Dataset Block Start

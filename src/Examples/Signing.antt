-- ===== src/Examples/Signing.antt =====
-- examples/eth-canister/src/ecdsa.rs: the example's own signatures.
--
-- `EcdsaCalls` has what the code calls of the management canister, each at one call; CBOR, the hash
-- and base64 are other packages, and writing to a `Vec` does not fail.
use idempotent_proxy.Prelude.{
  ℕ, String, List, [], ◌∷◌, join, ascii_bytes, Result, ok, ◌>>=◌, map_err, map_ok,
}
use idempotent_proxy.Auth.{Cbor}
use idempotent_proxy.Canister.Signer.{SignWithEcdsaArgument, EcdsaPublicKeyArgument}

pub record EcdsaCalls : Type 0 where
  pub sign_with_ecdsa : SignWithEcdsaArgument → Result (List ℕ) String
  pub ecdsa_public_key : EcdsaPublicKeyArgument → Result (List ℕ) String

module _ (sys : EcdsaCalls) where
  unfoldable pub sign_with : String → List (List ℕ) → List ℕ → Result (List ℕ) String
  sign_with key_name derivation_path message_hash =
      map_err (λ e. join ("sign_with_ecdsa failed " ∷ e ∷ []))
        (sys.sign_with_ecdsa (record {
          message_hash = message_hash;
          derivation_path = derivation_path;
          key_name = key_name;
        }))

  unfoldable pub public_key_with : String → List (List ℕ) → Result (List ℕ) String
  public_key_with key_name derivation_path =
      map_err (λ e. join ("ecdsa_public_key failed " ∷ e ∷ []))
        (sys.ecdsa_public_key (record { derivation_path = derivation_path; key_name = key_name }))

  module _ (base64_encode : List ℕ → String) where
    unfoldable pub sign_proxy_token :
        Cbor → (List ℕ → List ℕ) → String → ℕ → String → Result String String
    unfolding sign_with
    sign_proxy_token cbor sha3_256 key_name expire_at message =
        map_ok
          (λ sig. base64_encode (
            cbor.encode_token (record { expire_at = expire_at; agent = message; signature = sig })))
          (sign_with key_name (ascii_bytes "sign_proxy_token" ∷ [])
            (sha3_256 (cbor.encode_message expire_at message)))

    unfoldable pub get_proxy_token_public_key : String → Result String String
    unfolding public_key_with
    get_proxy_token_public_key key_name =
        public_key_with key_name (ascii_bytes "sign_proxy_token" ∷ []) >>= λ pk.
        ok (base64_encode pk)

Dataset Block End

Brief: Send back each record exactly as it stands.

Solution for this task:
filename src/Examples/Signing.antt
-- ===== src/Examples/Signing.antt =====
-- examples/eth-canister/src/ecdsa.rs: the example's own signatures.
--
-- `EcdsaCalls` has what the code calls of the management canister, each at one call; CBOR, the hash
-- and base64 are other packages, and writing to a `Vec` does not fail.
use idempotent_proxy.Prelude.{
  ℕ, String, List, [], ◌∷◌, join, ascii_bytes, Result, ok, ◌>>=◌, map_err, map_ok,
}
use idempotent_proxy.Auth.{Cbor}
use idempotent_proxy.Canister.Signer.{SignWithEcdsaArgument, EcdsaPublicKeyArgument}

pub record EcdsaCalls : Type 0 where
  pub sign_with_ecdsa : SignWithEcdsaArgument → Result (List ℕ) String
  pub ecdsa_public_key : EcdsaPublicKeyArgument → Result (List ℕ) String

module _ (sys : EcdsaCalls) where
  unfoldable pub sign_with : String → List (List ℕ) → List ℕ → Result (List ℕ) String
  sign_with key_name derivation_path message_hash =
      map_err (λ e. join ("sign_with_ecdsa failed " ∷ e ∷ []))
        (sys.sign_with_ecdsa (record {
          message_hash = message_hash;
          derivation_path = derivation_path;
          key_name = key_name;
        }))

  unfoldable pub public_key_with : String → List (List ℕ) → Result (List ℕ) String
  public_key_with key_name derivation_path =
      map_err (λ e. join ("ecdsa_public_key failed " ∷ e ∷ []))
        (sys.ecdsa_public_key (record { derivation_path = derivation_path; key_name = key_name }))

  module _ (base64_encode : List ℕ → String) where
    unfoldable pub sign_proxy_token :
        Cbor → (List ℕ → List ℕ) → String → ℕ → String → Result String String
    unfolding sign_with
    sign_proxy_token cbor sha3_256 key_name expire_at message =
        map_ok
          (λ sig. base64_encode (
            cbor.encode_token (record { expire_at = expire_at; agent = message; signature = sig })))
          (sign_with key_name (ascii_bytes "sign_proxy_token" ∷ [])
            (sha3_256 (cbor.encode_message expire_at message)))

    unfoldable pub get_proxy_token_public_key : String → Result String String
    unfolding public_key_with
    get_proxy_token_public_key key_name =
        public_key_with key_name (ascii_bytes "sign_proxy_token" ∷ []) >>= λ pk.
        ok (base64_encode pk)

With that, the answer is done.